Source data
==============================
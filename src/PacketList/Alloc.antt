-- ===== src/PacketList/Alloc.antt =====
-- `allocNode`: a node that is in no list, with a copy of the bytes.
use gproxy.Common.{
  ℕ, ◌+◌, ◌%◌, ◌^◌, ◌≤◌, ◌<◌, ◌≡◌, ◌≢◌, refl, true, false, none, some, List, [], arith, take,
  Bool-cases, ◌⊎◌, inl, inr,
}
use mathlib.Core.Path.{subst, sym, ap, ◌∙◌}
use gproxy.Common.Int.{ℤ, pos, negsuc}
use gproxy.Common.Outcome.{ok, fault}
use gproxy.Common.Outcome.Returns.{Returns, returns}
use gproxy.PacketList.Heap.{Ptr, null, Pkt, Memory, update}
use gproxy.PacketList.Spec.{Cells, has, Node, IsList, Same, within, Relinked, SameRoom}
use gproxy.PacketList.Owned.{Owned-live, IsList-frame}
use gproxy.PacketList.{Buffer, payload_size, alloc_node, clear_node}

-- The allocator hands out addresses that no live object has.
pub record IsSound (h : Memory) : Type 0 where
  pub below : (p : Ptr) → h.live p ≡ true → p < h.fresh
  pub positive : 0 < h.fresh
  pub null_dead : h.live null ≡ false

-- the memory after `allocNode`
abbrev pub allocated : Memory → Pkt → ℕ → Memory
allocated h k size = record h {
  live = update h.live h.fresh true;
  next = update h.next h.fresh h.fresh;
  prev = update h.prev h.fresh h.fresh;
  length = update h.length h.fresh (negsuc 0);
  pkt_size = update h.pkt_size h.fresh (pos size);
  packet = update h.packet h.fresh (some k);
  fresh = h.fresh + 1;
}

abbrev pub node_packet : (id type : ℕ) → List ℕ → Pkt
node_packet id type body = record { id = id % 2 ^ 32; type = type % 256; body = body }

-- With memory left, the node holds the id, the type and the first `size` bytes.
pub alloc_node-allocated :
    (h : Memory) (id type : ℕ) (body : Buffer) (size : ℕ)
    → h.fresh < h.limit
    → size ≤ payload_size
    → size ≤ body.extent
    → alloc_node id type (some body) size h
      ≡ ok h.fresh (allocated h (node_packet id type (take size body.bytes)) size)
unfolding alloc_node
alloc_node-allocated h id type body size room fits readable = ground arith

pub alloc_node-empty :
    (h : Memory) (id type size : ℕ)
    → h.fresh < h.limit
    → alloc_node id type none size h ≡ ok h.fresh (allocated h (node_packet id type []) 0)
unfolding alloc_node
alloc_node-empty h id type size room = ground arith

-- A copy that is longer than the packet's array, or than its source, runs past the end.
pub alloc_node-fault :
    (h : Memory) (id type : ℕ) (body : Buffer) (size : ℕ)
    → h.live null ≡ false
    → (payload_size < size) ⊎ (body.extent < size)
    → alloc_node id type (some body) size h ≡ fault
unfolding alloc_node
alloc_node-fault h id type body size dead (inl long) = ground arith
alloc_node-fault h id type body size dead (inr short) = ground arith

pub allocated-IsSound : {h : Memory} (k : Pkt) (size : ℕ) → IsSound h → IsSound (allocated h k size)
allocated-IsSound {h} k size s = record {
  below = λ p e. ground (arith, s.below p);
  positive = omega arith;
  null_dead = ground (arith, s.positive, s.null_dead);
}

pub allocated-Node :
    {h : Memory} (k : Pkt) (size : ℕ)
    → IsSound h
    → Node (allocated h k size) (record { at = h.fresh; packet = k; size = pos size })
allocated-Node {h} k size s = record {
  live = ground arith;
  ne_null = λ e. absurd (ground (arith, s.positive));
  packet = ground arith;
  size = ground arith;
}

-- The new address is outside every list, and the lists stay.
pub fresh-out :
    {h : Memory} {hd : Ptr} {cs : Cells} → IsSound h → IsList h hd cs → within hd cs h.fresh ≡ false
fresh-out {h} {hd} {cs} s is = ground (
  arith,
  s.below h.fresh,
  is.head_live,
  Owned-live h hd h.fresh cs is.owned,
  Bool-cases (has h.fresh cs),
)

pub allocated-Same :
    (h : Memory) (k : Pkt) (size : ℕ) (p : Ptr) → p ≢ h.fresh → Same h (allocated h k size) p
allocated-Same h k size p ne = ground arith

pub allocated-IsList :
    {h : Memory} {hd : Ptr} {cs : Cells} (k : Pkt) (size : ℕ)
    → IsSound h
    → IsList h hd cs
    → IsList (allocated h k size) hd cs
allocated-IsList {h} k size s is =
    IsList-frame is λ p i. allocated-Same h k size p λ e. ground (arith, fresh-out s is)

-- the memory after `clearNode`
abbrev pub released : Memory → Ptr → Memory
released h p = record h { live = update h.live p false }

pub clear_node-released :
    (h : Memory) (p : Ptr) → h.live p ≡ true → p ≢ null → clear_node p h ≡ ok tt (released h p)
unfolding clear_node
clear_node-released h p l ne = ground arith

pub clear_node-null : (h : Memory) → clear_node null h ≡ ok tt h
unfolding clear_node
clear_node-null h = refl

pub released-IsSound : {h : Memory} (p : Ptr) → IsSound h → IsSound (released h p)
released-IsSound {h} p s = record {
  below = λ q e. ground (arith, s.below q);
  positive = s.positive;
  null_dead = ground (arith, s.null_dead);
}

pub released-IsList :
    {h : Memory} {hd : Ptr} {cs : Cells} (p : Ptr)
    → IsList h hd cs
    → within hd cs p ≡ false
    → IsList (released h p) hd cs
released-IsList p is out = IsList-frame is λ q i. ground arith

-- `clearNode` of a live node outside the list, or of `NULL`, frees it, keeps the list, and allocates
-- nothing.
pub clear_node_lem :
    {h : Memory} {hd : Ptr} {cs : Cells} (p : Ptr)
    → IsSound h
    → IsList h hd cs
    → within hd cs p ≡ false
    → (p ≡ null) ⊎ (h.live p ≡ true)
    → Returns
        (λ _ g. IsSound g × IsList g hd cs × (g.live p ≡ false) × SameRoom h g)
        (clear_node p h)
clear_node_lem {h} p s is out (inl e) =
    rw (e, clear_node-null) (returns (s, is, s.null_dead, (refl, refl)))
clear_node_lem {h} p s is out (inr l) =
    rw (clear_node-released h p l (λ e. absurd (ground (arith, s.null_dead))))
      (returns (released-IsSound p s, released-IsList p is out, ground arith, (refl, refl)))

-- Relinking moves no object.
pub Relinked-IsSound : {h g : Memory} → Relinked h g → IsSound h → IsSound g
Relinked-IsSound r s = record {
  below = λ p e. subst (λ n. p < n) (sym r.fresh) (s.below p (ap (λ f. f p) (sym r.live) ∙ e));
  positive = rw r.fresh s.positive;
  null_dead = ap (λ f. f 0) r.live ∙ s.null_dead;
}

-- `g` is `h` with a new object at `p`.
pub record New (h g : Memory) (p : Ptr) : Type 0 where
  pub sound : IsSound g
  pub live : g.live p ≡ true
  pub ne_null : p ≢ null
  pub same : (q : Ptr) → q ≢ p → Same h g q

pub allocated-New :
    {h : Memory} (k : Pkt) (size : ℕ) → IsSound h → New h (allocated h k size) h.fresh
allocated-New {h} k size s =
    let n = allocated-Node k size s in
    record {
      sound = allocated-IsSound k size s;
      live = n.live;
      ne_null = n.ne_null;
      same = allocated-Same h k size;
    }

-- Writes to the new node's own fields.
abbrev pub with_packet : Memory → Ptr → Pkt → Memory
with_packet g p k = record g { packet = update g.packet p (some k) }

abbrev pub with_size : Memory → Ptr → ℤ → Memory
with_size g p size = record g { pkt_size = update g.pkt_size p size }

pub New-with_packet : {h g : Memory} {p : Ptr} (k : Pkt) → New h g p → New h (with_packet g p k) p
New-with_packet k new = record {
  sound = record {
    below = new.sound.below;
    positive = new.sound.positive;
    null_dead = new.sound.null_dead;
  };
  live = new.live;
  ne_null = new.ne_null;
  same = λ q ne. ground (arith, new.same q ne);
}

pub New-with_size : {h g : Memory} {p : Ptr} (size : ℤ) → New h g p → New h (with_size g p size) p
New-with_size size new = record {
  sound = record {
    below = new.sound.below;
    positive = new.sound.positive;
    null_dead = new.sound.null_dead;
  };
  live = new.live;
  ne_null = new.ne_null;
  same = λ q ne. ground (arith, new.same q ne);
}

pub New-IsList :
    {h g : Memory} {p : Ptr} {hd : Ptr} {cs : Cells}
    → New h g p
    → within hd cs p ≡ false
    → IsList h hd cs
    → IsList g hd cs
New-IsList new out is = IsList-frame is λ q i. new.same q λ e. ground arith
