-- ===== src/PacketList/Append.antt =====
-- `appendNode` puts the node at the end of the list.
use gproxy.Common.{◌≡◌, refl, ◌≢◌, false, [], ◌∷◌, ◌++◌, arith, length-append}
use mathlib.Core.List.{append-nil}
use gproxy.Common.Int.{incr}
use gproxy.Common.Outcome.{ok}
use gproxy.Common.Outcome.Returns.{Returns, returns}
use gproxy.PacketList.Heap.{Ptr, Memory, update}
use gproxy.PacketList.Spec.{Cell, Cells, Node, IsList, within, Frame, Relinked}
use gproxy.PacketList.Links.{has-append, last-has, Links-extend}
use gproxy.PacketList.Owned.{Owned-relink, Node-relink, Owned-join, prev-live, Distinct-insert}
use gproxy.PacketList.{append_node}

-- the memory after the node is linked in before `q`, with the list's new length
abbrev pub linked_before : Memory → (hd new q : Ptr) → Memory
linked_before h hd new q = record h {
  next = update (update h.next new q) (h.prev q) new;
  prev = update (update h.prev new (h.prev q)) q new;
  head = update h.head new hd;
  length = update h.length hd (incr (h.length hd));
}

append_node-linked :
    (h : Memory) {hd : Ptr} {cs : Cells} (c : Cell)
    → IsList h hd cs
    → Node h c
    → hd ≢ c.at
    → append_node hd c.at h ≡ ok tt (linked_before h hd c.at hd)
unfolding append_node
append_node-linked h {hd} c is n ne = ground (arith, prev-live is)

pub linked_before-Relinked : (h : Memory) (hd new q : Ptr) → Relinked h (linked_before h hd new q)
linked_before-Relinked h hd new q = record {
  live = refl;
  packet = refl;
  pkt_size = refl;
  fresh = refl;
  limit = refl;
}

-- What is known after a node is linked into a list: the list, and that memory outside the list
-- and the node is as it was.
abbrev pub Linked : Memory → Ptr → Cell → Cells → Cells → Memory → Type 0
Linked h hd n cs out g = IsList g hd out × Frame (within hd (n ∷ cs)) h g × Relinked h g

pub linked_before-IsList :
    {h : Memory} {hd : Ptr} {cs : Cells} (n : Cell)
    → IsList h hd cs
    → Node h n
    → within hd cs n.at ≡ false
    → Linked h hd n cs (cs ++ n ∷ []) (linked_before h hd n.at hd)
linked_before-IsList {h} {hd} {cs} n is node out = (
  record {
    head_live = is.head_live;
    head_ne_null = is.head_ne_null;
    head_out = ground (arith, has-append hd cs (n ∷ []), is.head_out);
    distinct = Distinct-insert cs [] n (rw append-nil is.distinct) (rw append-nil (ground arith));
    links =
        Links-extend n is.links (ground (arith, is.head_out)) (ground (arith, is.head_out))
          (ground (arith, is.distinct));
    owned =
        Owned-join _ hd cs (n ∷ []) (Owned-relink h _ hd cs relinked (λ p i. ground arith) is.owned)
          (Node-relink node relinked, ground arith, tt);
    counted = ground (arith, is.counted, length-append cs (n ∷ []));
  },
  (λ p o. ground (arith, last-has is.links)),
  relinked,
)
  where
    relinked : Relinked h (linked_before h hd n.at hd)
    relinked = linked_before-Relinked h hd n.at hd

-- `appendNode` puts a node that is in no list at the end of the list; memory outside the list and
-- the node is as it was.
pub append_node_lem :
    {h : Memory} {hd : Ptr} {cs : Cells} (n : Cell)
    → IsList h hd cs
    → Node h n
    → within hd cs n.at ≡ false
    → Returns
        (λ _ g. IsList g hd (cs ++ n ∷ []) × Frame (within hd (n ∷ cs)) h g × Relinked h g)
        (append_node hd n.at h)
append_node_lem {h} n is node out =
    rw (append_node-linked h n is node (ground arith))
      (returns (linked_before-IsList n is node out))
==============================
WORK ITEM
Output the line containing "head_live = is.head_live;" and all lines after it to the end of the records, exactly as given.

PROBLEM SOLUTION
    head_live = is.head_live;
    head_ne_null = is.head_ne_null;
    head_out = ground (arith, has-append hd cs (n ∷ []), is.head_out);
    distinct = Distinct-insert cs [] n (rw append-nil is.distinct) (rw append-nil (ground arith));
    links =
        Links-extend n is.links (ground (arith, is.head_out)) (ground (arith, is.head_out))
          (ground (arith, is.distinct));
    owned =
        Owned-join _ hd cs (n ∷ []) (Owned-relink h _ hd cs relinked (λ p i. ground arith) is.owned)
          (Node-relink node relinked, ground arith, tt);
    counted = ground (arith, is.counted, length-append cs (n ∷ []));
  },
  (λ p o. ground (arith, last-has is.links)),
  relinked,
)
  where
    relinked : Relinked h (linked_before h hd n.at hd)
    relinked = linked_before-Relinked h hd n.at hd

-- `appendNode` puts a node that is in no list at the end of the list; memory outside the list and
-- the node is as it was.
pub append_node_lem :
    {h : Memory} {hd : Ptr} {cs : Cells} (n : Cell)
    → IsList h hd cs
    → Node h n
    → within hd cs n.at ≡ false
    → Returns
        (λ _ g. IsList g hd (cs ++ n ∷ []) × Frame (within hd (n ∷ cs)) h g × Relinked h g)
        (append_node hd n.at h)
append_node_lem {h} n is node out =
    rw (append_node-linked h n is node (ground arith))
      (returns (linked_before-IsList n is node out))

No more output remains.